Orthophosphate was measured by molybdate reactivity (Reddi ). For determination of total intracellular phosphate, samples were treated with 1 N sulfuric acid for 10 min at 100ºC before analysis. Polyphosphate levels were calculated as the difference between total Pi and orthophosphate levels.

Northern blot analyses

RNA isolation and electrophoresis, probe labeling with digoxigenin, hybridization, and signal detection were done as described previously (Bellí ). Gene probes were generated by PCR from genomic DNA, using oligonucleotides designed to amplify internal open reading frame sequences. SNR19 mRNA was used as loading control. Signals were quantified using the ChemiDoc Imaging System (Bio-Rad, Hercules, CA) software. Background values were determined for a region lacking visible signal of the same size as the measured band and adjacent to it, and such background was subtracted for the respective band signal value.

Pulse-chase labeling and immunoprecipitation of CPY

Samples (∼6 × 108 cells) from cultures in SC medium were resuspended in 10 ml of the same medium lacking methionine and cysteine and incubated for 30 min at the appropriate temperature before adding 500 μCi of a [35S]methionine/[35S]cysteine cocktail (Perkin Elmer, Waltham, MA). After a 5- or 6-min pulse, cold methionine and cysteine were added at 2 mM final concentration each. At successive 7-min intervals, samples of 1.5 ml were taken, and 20 mM (final concentration) sodium azide was added. Cells were pelleted, resuspended in 100 μl of lysis buffer (50 mM Tris-HCl, pH 7.5, 1 mM EDTA, 1% SDS, 6 M urea, and 1× protease inhibitor complete [Roche, Basel, Switzerland]) and lysed with glass beads by shaking and treatment at 100ºC. The supernatant was carefully taken, and IP buffer (50 mM Tris-HCl, pH 7.5, 1 mM EDTA, 150 mM NaCl, 0.5% Tween-20, and 1× protease inhibitor complete) was added to a 1-ml final volume. The suspension was mixed with 50 μl of sheep anti-mouse immunoglobulin Dynabeads (Invitrogen, Carlsbad, CA) coupled to 3 μγ of mouse monoclonal anti-CPY antibodies (Molecular Probes, Carlsbad, CA). After mixing for 2 h at 4ºC, the supernatant was eliminated and the beads were washed three times with 350 μl of IP buffer and then eluted with 20 μl of 1× Laemmli buffer, boiled, and separated by SDS–PAGE. Gels were autoradiographed, and x-ray film signals were quantified with ImageJ software (National Institutes of Health, Bethesda, MD).

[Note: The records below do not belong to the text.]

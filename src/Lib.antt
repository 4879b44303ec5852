-- ===== src/Lib.antt =====
-- clewdr-hub: a proxy that serves requests to Claude from a pool of accounts. This development models the core of
-- it: the actor that owns the pool of accounts, the limits of the proxy's users, what a failed request means
-- for its account, the retries of a request over the accounts, the health that is shown of the accounts, the billing
-- of requests, the address of a client, the parameters of a request, and the translation of responses.
--
-- The pool (src/services/account_pool) is an actor. Its state (`AccountPoolState`, here `PoolState`) has three
-- buckets: `valid`, a queue of accounts in rotation, `exhausted`, those that cool down until a time, and `invalid`,
-- those that are out. A request is dispatched to an account of `valid` (`dispatch`), and comes back with what it
-- learnt (`collect_by_id`), which may move the account into another bucket. Marked accounts are flushed to the
-- database (`do_flush`); writers of the database tell the pool what they wrote (`converge_invalidate`,
-- `update_slot_credential`). The limiter (src/services/user_limiter.rs) stands before the pool, and the classifier
-- (src/services/account_error.rs) makes of an error the reason with which an account comes back.
--
-- Files:
--   Common: tests, lists, maps and integers that the other files share. A `HashMap` or `HashSet` is a list; its
--     order stands for the iteration order, which the source leaves open.
--   Config/Decimal: `Display` and `FromStr` of `i64`.
--   Config/Reason: src/config/reason.rs, and `AuthMethod` of src/config/cookie.rs.
--   Config/Usage, Config/Slot, Config/Runtime: src/config/cookie.rs, with `TokenInfo` of src/config/token.rs and
--     `MimicryMode` of src/config/mimicry.rs; `apply_in_memory_runtime` of src/services/account_pool/fingerprint.rs.
--   Pool/State, Pool/Reset: src/services/account_pool/state.rs.
--   Pool/Dispatch: src/services/account_pool/dispatch.rs. Pick, Choice, Service and Affinity are its proofs.
--   Pool/Fingerprint, Pool/Collect: src/services/account_pool/fingerprint.rs.
--   Pool/Flush: `do_flush` of src/services/account_pool/persistence.rs, and `post_stop` of actor.rs beside it.
--   Pool/Probes: src/services/account_pool/probes.rs.
--   Pool/Actor: `handle` of src/services/account_pool/actor.rs, src/services/account_pool/reporting.rs, and
--     the `PoolSnapshotView` that src/services/account_health.rs reads.
--   Pool/Conservation: proofs about the buckets, over all of the pool's operations.
--   Limiter: src/services/user_limiter.rs.
--   Failure: src/services/account_error.rs, and the errors of src/error.rs that it tells apart.
--   Health: src/services/account_health.rs, with the columns of src/db/accounts.rs that it reads.
--   Pool/Loader, Pool/Reload: `do_reload` of src/services/account_pool/persistence.rs, `pre_start` of actor.rs and
--     `build_cookie_probe_slot` of probes.rs. Invariant, Terminal, Limits and Lifetime are its proofs.
--   Config/Row, Config/Cookie: the rows of src/db/accounts.rs and the text of a cookie of src/config/cookie.rs.
--   Billing: src/billing.rs; Billing/Ledger: the tables of src/db/billing.rs that it writes, and the usage reset
--     of src/api/admin/users.rs; Billing/Quota: `check_quota`.
--   Openai: the shapes of src/types/claude.rs and src/types/openai.rs; Openai/Response, Openai/Stream:
--     src/middleware/openai/response.rs and stream.rs. Collect describes both protocols apart from the code.
--   ClientIp: src/middleware/auth.rs, `resolve_client_ip_from`. Spoofing is its proofs.
--   Request/Sampling: src/middleware/claude/request.rs, `normalize_sampling_params`, with the fields of src/types/claude.rs
--     that it reads. Models says by name what the models accept; Accepted is its proofs.
--   Chat, Chat/Upstream, Chat/Loop: src/claude_code_state/chat.rs, `try_chat` and `try_count_tokens`, with `check_token` and
--     `release_account` of src/claude_code_state/mod.rs. Requests, Slots, Balance, Conserved and Ends are its proofs.
--   Json: the values of serde_json; Bridge: `NonStreamMessageAccumulator` of src/claude_code_state/chat.rs. Rebuild
--     describes a message and its stream apart from the code.
--   RefreshGuard: src/services/oauth_refresh_guard.rs, as the steps of tasks; Serial is its proofs. RefreshGuard/Refresh:
--     `persist_oauth_refresh` of src/claude_code_state/chat.rs under the locks; Safe, Steps, Pooled, Writes and SingleUse are its
--     proofs.
--   Examples: concrete inputs, and the theorems applied to them.
--
-- How the model stands to the code:
--   A turn of the actor is a function from a state and a message to a state, a reply and the database writes that
--   are attempted. Row ids are natural numbers and timestamps integers; an `f64` is its 64-bit pattern, a JSON value
--   its text. The time is an argument, one for a turn, and so are the answers of the database. The cache of the crate
--   moka, the semaphore of tokio and `DefaultHasher` are parameters, with the documented laws that the proofs use.
--   `none` as the result of `collect_by_id` or `handle` is a panic: the prefix of a credential ends within a
--   character; `unheard` as the reply is one whose caller is gone, which ends the actor. `+= 1` on a `u32` wraps.
--   `refreshes` counts the events that are sent to the administration page, and `probes` lists the probe tasks that are
--   spawned. No recursion has fuel but the printing of a number, which has 20
--   digits, as many as an `i64` can need.
--   The answers of the database to billing are a record; how SQLite adds two integers is a parameter of the ledger.
--   The calendar of the crate chrono, the parsers and the printer of serde_json, the patterns of the crate regex and the
--   `to_str` of a header of the crate http are parameters, as are the addresses and networks of the
--   crate ipnet. A run of the retry loops is the list of its effects, and what the upstream
--   answers to each attempt is an argument; the loop has the six attempts of the source, `MAX_RETRIES` and one.
--
-- Not modelled: what a probe task does, which is network I/O; the summary that a reload logs; logging; the handle that
-- sends the messages; the OAuth exchange and the keepalive, the headers and bodies of the requests to the upstream, the
-- other translation of requests, the keys and sessions of the users, the administration interface but for the usage
-- reset, and the command line.
pub mod Common
pub mod Config
pub mod Billing
pub mod Openai
pub mod Pool
pub mod Limiter
pub mod Failure
pub mod ClientIp
pub mod Request
pub mod Json
pub mod Bridge
pub mod Chat
pub mod RefreshGuard
pub mod Health
pub mod Examples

Measurement of ER redox state

Real-time ER redox measurements were done as described in Merksamer in cultures of transformants with plasmid pPM28, which expresses a redox-sensitive ero-GFP form.

Western blot analyses

Western blot analyses were done as described in Bellí . The following primary antibodies were used: mouse monoclonal anti-CPY (1:500), rabbit polyclonal anti-Hxk1 (1:5000; USBiological, Salem, MA), or mouse monoclonal anti-porin (1:1000; Molecular Probes).

Determination of β-galactosidase activity

Enzyme activity (Miller units) was determined in permeabilized cells as described in Ausubel .

Statistical analyses

The Mann–Whitney U test was used, using the software JMP 10. Unless otherwise indicated, values in the mutant strains were compared with those of wild-type cells. *,**,***p < 0.05, 0.01, 0.001, respectively.